**Task to carry out**
Because the material must match the original, reproduce every line of it exactly.

**Data under study**

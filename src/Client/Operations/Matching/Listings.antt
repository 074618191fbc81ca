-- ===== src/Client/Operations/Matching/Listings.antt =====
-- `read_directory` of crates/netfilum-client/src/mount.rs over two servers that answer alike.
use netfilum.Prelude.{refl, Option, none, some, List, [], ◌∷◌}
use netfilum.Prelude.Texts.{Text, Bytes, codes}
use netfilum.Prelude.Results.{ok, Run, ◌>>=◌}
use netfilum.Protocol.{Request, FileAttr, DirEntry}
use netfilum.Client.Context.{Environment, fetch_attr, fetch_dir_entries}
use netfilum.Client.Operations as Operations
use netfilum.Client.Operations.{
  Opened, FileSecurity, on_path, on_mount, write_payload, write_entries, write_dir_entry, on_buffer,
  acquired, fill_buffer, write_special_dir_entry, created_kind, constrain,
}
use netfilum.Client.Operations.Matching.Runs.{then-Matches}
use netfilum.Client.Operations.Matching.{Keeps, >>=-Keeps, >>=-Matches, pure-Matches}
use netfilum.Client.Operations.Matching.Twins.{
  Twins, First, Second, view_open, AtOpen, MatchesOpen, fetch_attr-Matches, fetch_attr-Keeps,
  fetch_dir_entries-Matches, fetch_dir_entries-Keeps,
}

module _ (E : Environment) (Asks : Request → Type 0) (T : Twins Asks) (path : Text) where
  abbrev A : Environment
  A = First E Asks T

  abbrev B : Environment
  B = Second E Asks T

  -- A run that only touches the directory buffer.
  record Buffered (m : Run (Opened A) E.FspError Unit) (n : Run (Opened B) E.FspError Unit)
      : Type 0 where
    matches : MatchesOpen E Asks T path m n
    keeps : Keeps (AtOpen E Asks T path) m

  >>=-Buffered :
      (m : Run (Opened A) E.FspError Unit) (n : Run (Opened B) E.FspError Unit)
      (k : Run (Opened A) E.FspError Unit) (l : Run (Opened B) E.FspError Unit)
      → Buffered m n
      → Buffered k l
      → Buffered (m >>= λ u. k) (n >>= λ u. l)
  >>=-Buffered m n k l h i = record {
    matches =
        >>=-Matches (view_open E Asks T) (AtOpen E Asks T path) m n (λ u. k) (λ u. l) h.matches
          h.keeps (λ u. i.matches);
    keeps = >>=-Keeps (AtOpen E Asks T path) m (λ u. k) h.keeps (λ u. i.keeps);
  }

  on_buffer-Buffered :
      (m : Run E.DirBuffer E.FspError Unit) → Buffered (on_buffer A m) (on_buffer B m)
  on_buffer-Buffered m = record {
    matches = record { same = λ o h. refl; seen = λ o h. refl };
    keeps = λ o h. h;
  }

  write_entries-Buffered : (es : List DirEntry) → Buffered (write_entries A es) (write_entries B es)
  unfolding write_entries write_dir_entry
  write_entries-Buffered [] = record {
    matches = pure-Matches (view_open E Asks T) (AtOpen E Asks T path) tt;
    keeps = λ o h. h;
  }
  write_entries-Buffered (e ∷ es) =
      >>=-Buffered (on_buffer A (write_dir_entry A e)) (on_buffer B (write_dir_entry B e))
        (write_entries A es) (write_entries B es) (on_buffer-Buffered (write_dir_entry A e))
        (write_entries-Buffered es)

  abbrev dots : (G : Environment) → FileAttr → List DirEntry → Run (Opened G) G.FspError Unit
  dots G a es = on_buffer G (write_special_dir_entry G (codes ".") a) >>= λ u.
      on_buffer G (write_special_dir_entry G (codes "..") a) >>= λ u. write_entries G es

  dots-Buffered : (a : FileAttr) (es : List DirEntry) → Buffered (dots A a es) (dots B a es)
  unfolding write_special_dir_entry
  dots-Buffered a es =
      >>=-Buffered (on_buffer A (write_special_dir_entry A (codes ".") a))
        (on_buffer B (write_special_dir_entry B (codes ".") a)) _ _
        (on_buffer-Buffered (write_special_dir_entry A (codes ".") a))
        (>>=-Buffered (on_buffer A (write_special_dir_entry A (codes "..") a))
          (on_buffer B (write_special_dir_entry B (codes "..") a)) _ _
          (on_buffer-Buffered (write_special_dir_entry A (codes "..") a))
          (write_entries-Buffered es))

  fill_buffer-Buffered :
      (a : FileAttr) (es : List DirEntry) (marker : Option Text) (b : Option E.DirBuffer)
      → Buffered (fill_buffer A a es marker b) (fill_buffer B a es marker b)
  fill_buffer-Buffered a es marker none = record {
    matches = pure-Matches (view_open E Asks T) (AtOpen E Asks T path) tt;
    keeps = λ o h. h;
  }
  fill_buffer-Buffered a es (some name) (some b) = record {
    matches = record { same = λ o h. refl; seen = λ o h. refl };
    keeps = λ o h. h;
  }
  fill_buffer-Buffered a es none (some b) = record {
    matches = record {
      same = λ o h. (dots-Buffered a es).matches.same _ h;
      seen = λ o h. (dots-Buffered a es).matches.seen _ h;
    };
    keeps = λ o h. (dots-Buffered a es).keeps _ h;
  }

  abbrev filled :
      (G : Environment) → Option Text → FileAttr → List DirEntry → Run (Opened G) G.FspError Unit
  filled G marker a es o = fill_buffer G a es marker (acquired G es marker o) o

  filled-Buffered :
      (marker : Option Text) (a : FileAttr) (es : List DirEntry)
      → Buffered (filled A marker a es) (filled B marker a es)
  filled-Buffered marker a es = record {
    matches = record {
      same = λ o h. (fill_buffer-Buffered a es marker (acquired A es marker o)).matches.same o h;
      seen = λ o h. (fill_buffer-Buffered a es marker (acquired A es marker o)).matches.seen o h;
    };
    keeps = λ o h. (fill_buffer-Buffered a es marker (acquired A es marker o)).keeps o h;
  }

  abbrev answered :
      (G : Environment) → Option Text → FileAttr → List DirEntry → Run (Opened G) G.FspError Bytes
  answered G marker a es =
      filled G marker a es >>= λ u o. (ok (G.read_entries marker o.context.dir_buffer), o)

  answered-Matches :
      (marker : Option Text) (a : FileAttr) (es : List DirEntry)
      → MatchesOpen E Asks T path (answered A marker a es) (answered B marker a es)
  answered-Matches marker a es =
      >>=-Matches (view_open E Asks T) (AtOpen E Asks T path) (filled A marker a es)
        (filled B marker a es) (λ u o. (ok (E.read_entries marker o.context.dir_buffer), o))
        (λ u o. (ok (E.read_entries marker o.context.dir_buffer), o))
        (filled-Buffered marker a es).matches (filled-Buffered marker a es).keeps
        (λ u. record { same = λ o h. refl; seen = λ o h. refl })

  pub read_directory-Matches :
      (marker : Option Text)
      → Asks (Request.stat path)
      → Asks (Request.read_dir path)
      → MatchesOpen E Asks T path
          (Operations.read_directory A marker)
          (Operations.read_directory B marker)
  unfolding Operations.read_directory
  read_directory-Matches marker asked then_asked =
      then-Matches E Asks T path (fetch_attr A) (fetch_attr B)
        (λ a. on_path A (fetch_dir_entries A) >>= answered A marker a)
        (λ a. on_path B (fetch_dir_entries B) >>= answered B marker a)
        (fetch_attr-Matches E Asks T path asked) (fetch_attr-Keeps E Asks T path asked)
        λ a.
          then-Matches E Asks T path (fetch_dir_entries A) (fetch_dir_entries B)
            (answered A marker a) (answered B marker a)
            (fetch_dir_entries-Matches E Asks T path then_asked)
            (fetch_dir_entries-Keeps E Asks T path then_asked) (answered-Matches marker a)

**Answer section**
filename src/Client/Operations/Matching/Listings.antt
repository 074618191fbc81ca
-- ===== src/Client/Operations/Matching/Listings.antt =====
-- `read_directory` of crates/netfilum-client/src/mount.rs over two servers that answer alike.
use netfilum.Prelude.{refl, Option, none, some, List, [], ◌∷◌}
use netfilum.Prelude.Texts.{Text, Bytes, codes}
use netfilum.Prelude.Results.{ok, Run, ◌>>=◌}
use netfilum.Protocol.{Request, FileAttr, DirEntry}
use netfilum.Client.Context.{Environment, fetch_attr, fetch_dir_entries}
use netfilum.Client.Operations as Operations
use netfilum.Client.Operations.{
  Opened, FileSecurity, on_path, on_mount, write_payload, write_entries, write_dir_entry, on_buffer,
  acquired, fill_buffer, write_special_dir_entry, created_kind, constrain,
}
use netfilum.Client.Operations.Matching.Runs.{then-Matches}
use netfilum.Client.Operations.Matching.{Keeps, >>=-Keeps, >>=-Matches, pure-Matches}
use netfilum.Client.Operations.Matching.Twins.{
  Twins, First, Second, view_open, AtOpen, MatchesOpen, fetch_attr-Matches, fetch_attr-Keeps,
  fetch_dir_entries-Matches, fetch_dir_entries-Keeps,
}

module _ (E : Environment) (Asks : Request → Type 0) (T : Twins Asks) (path : Text) where
  abbrev A : Environment
  A = First E Asks T

  abbrev B : Environment
  B = Second E Asks T

  -- A run that only touches the directory buffer.
  record Buffered (m : Run (Opened A) E.FspError Unit) (n : Run (Opened B) E.FspError Unit)
      : Type 0 where
    matches : MatchesOpen E Asks T path m n
    keeps : Keeps (AtOpen E Asks T path) m

  >>=-Buffered :
      (m : Run (Opened A) E.FspError Unit) (n : Run (Opened B) E.FspError Unit)
      (k : Run (Opened A) E.FspError Unit) (l : Run (Opened B) E.FspError Unit)
      → Buffered m n
      → Buffered k l
      → Buffered (m >>= λ u. k) (n >>= λ u. l)
  >>=-Buffered m n k l h i = record {
    matches =
        >>=-Matches (view_open E Asks T) (AtOpen E Asks T path) m n (λ u. k) (λ u. l) h.matches
          h.keeps (λ u. i.matches);
    keeps = >>=-Keeps (AtOpen E Asks T path) m (λ u. k) h.keeps (λ u. i.keeps);
  }

  on_buffer-Buffered :
      (m : Run E.DirBuffer E.FspError Unit) → Buffered (on_buffer A m) (on_buffer B m)
  on_buffer-Buffered m = record {
    matches = record { same = λ o h. refl; seen = λ o h. refl };
    keeps = λ o h. h;
  }

  write_entries-Buffered : (es : List DirEntry) → Buffered (write_entries A es) (write_entries B es)
  unfolding write_entries write_dir_entry
  write_entries-Buffered [] = record {
    matches = pure-Matches (view_open E Asks T) (AtOpen E Asks T path) tt;
    keeps = λ o h. h;
  }
  write_entries-Buffered (e ∷ es) =
      >>=-Buffered (on_buffer A (write_dir_entry A e)) (on_buffer B (write_dir_entry B e))
        (write_entries A es) (write_entries B es) (on_buffer-Buffered (write_dir_entry A e))
        (write_entries-Buffered es)

  abbrev dots : (G : Environment) → FileAttr → List DirEntry → Run (Opened G) G.FspError Unit
  dots G a es = on_buffer G (write_special_dir_entry G (codes ".") a) >>= λ u.
      on_buffer G (write_special_dir_entry G (codes "..") a) >>= λ u. write_entries G es

  dots-Buffered : (a : FileAttr) (es : List DirEntry) → Buffered (dots A a es) (dots B a es)
  unfolding write_special_dir_entry
  dots-Buffered a es =
      >>=-Buffered (on_buffer A (write_special_dir_entry A (codes ".") a))
        (on_buffer B (write_special_dir_entry B (codes ".") a)) _ _
        (on_buffer-Buffered (write_special_dir_entry A (codes ".") a))
        (>>=-Buffered (on_buffer A (write_special_dir_entry A (codes "..") a))
          (on_buffer B (write_special_dir_entry B (codes "..") a)) _ _
          (on_buffer-Buffered (write_special_dir_entry A (codes "..") a))
          (write_entries-Buffered es))

  fill_buffer-Buffered :
      (a : FileAttr) (es : List DirEntry) (marker : Option Text) (b : Option E.DirBuffer)
      → Buffered (fill_buffer A a es marker b) (fill_buffer B a es marker b)
  fill_buffer-Buffered a es marker none = record {
    matches = pure-Matches (view_open E Asks T) (AtOpen E Asks T path) tt;
    keeps = λ o h. h;
  }
  fill_buffer-Buffered a es (some name) (some b) = record {
    matches = record { same = λ o h. refl; seen = λ o h. refl };
    keeps = λ o h. h;
  }
  fill_buffer-Buffered a es none (some b) = record {
    matches = record {
      same = λ o h. (dots-Buffered a es).matches.same _ h;
      seen = λ o h. (dots-Buffered a es).matches.seen _ h;
    };
    keeps = λ o h. (dots-Buffered a es).keeps _ h;
  }

  abbrev filled :
      (G : Environment) → Option Text → FileAttr → List DirEntry → Run (Opened G) G.FspError Unit
  filled G marker a es o = fill_buffer G a es marker (acquired G es marker o) o

  filled-Buffered :
      (marker : Option Text) (a : FileAttr) (es : List DirEntry)
      → Buffered (filled A marker a es) (filled B marker a es)
  filled-Buffered marker a es = record {
    matches = record {
      same = λ o h. (fill_buffer-Buffered a es marker (acquired A es marker o)).matches.same o h;
      seen = λ o h. (fill_buffer-Buffered a es marker (acquired A es marker o)).matches.seen o h;
    };
    keeps = λ o h. (fill_buffer-Buffered a es marker (acquired A es marker o)).keeps o h;
  }

  abbrev answered :
      (G : Environment) → Option Text → FileAttr → List DirEntry → Run (Opened G) G.FspError Bytes
  answered G marker a es =
      filled G marker a es >>= λ u o. (ok (G.read_entries marker o.context.dir_buffer), o)

  answered-Matches :
      (marker : Option Text) (a : FileAttr) (es : List DirEntry)
      → MatchesOpen E Asks T path (answered A marker a es) (answered B marker a es)
  answered-Matches marker a es =
      >>=-Matches (view_open E Asks T) (AtOpen E Asks T path) (filled A marker a es)
        (filled B marker a es) (λ u o. (ok (E.read_entries marker o.context.dir_buffer), o))
        (λ u o. (ok (E.read_entries marker o.context.dir_buffer), o))
        (filled-Buffered marker a es).matches (filled-Buffered marker a es).keeps
        (λ u. record { same = λ o h. refl; seen = λ o h. refl })

  pub read_directory-Matches :
      (marker : Option Text)
      → Asks (Request.stat path)
      → Asks (Request.read_dir path)
      → MatchesOpen E Asks T path
          (Operations.read_directory A marker)
          (Operations.read_directory B marker)
  unfolding Operations.read_directory
  read_directory-Matches marker asked then_asked =
      then-Matches E Asks T path (fetch_attr A) (fetch_attr B)
        (λ a. on_path A (fetch_dir_entries A) >>= answered A marker a)
        (λ a. on_path B (fetch_dir_entries B) >>= answered B marker a)
        (fetch_attr-Matches E Asks T path asked) (fetch_attr-Keeps E Asks T path asked)
        λ a.
          then-Matches E Asks T path (fetch_dir_entries A) (fetch_dir_entries B)
            (answered A marker a) (answered B marker a)
            (fetch_dir_entries-Matches E Asks T path then_asked)
            (fetch_dir_entries-Keeps E Asks T path then_asked) (answered-Matches marker a)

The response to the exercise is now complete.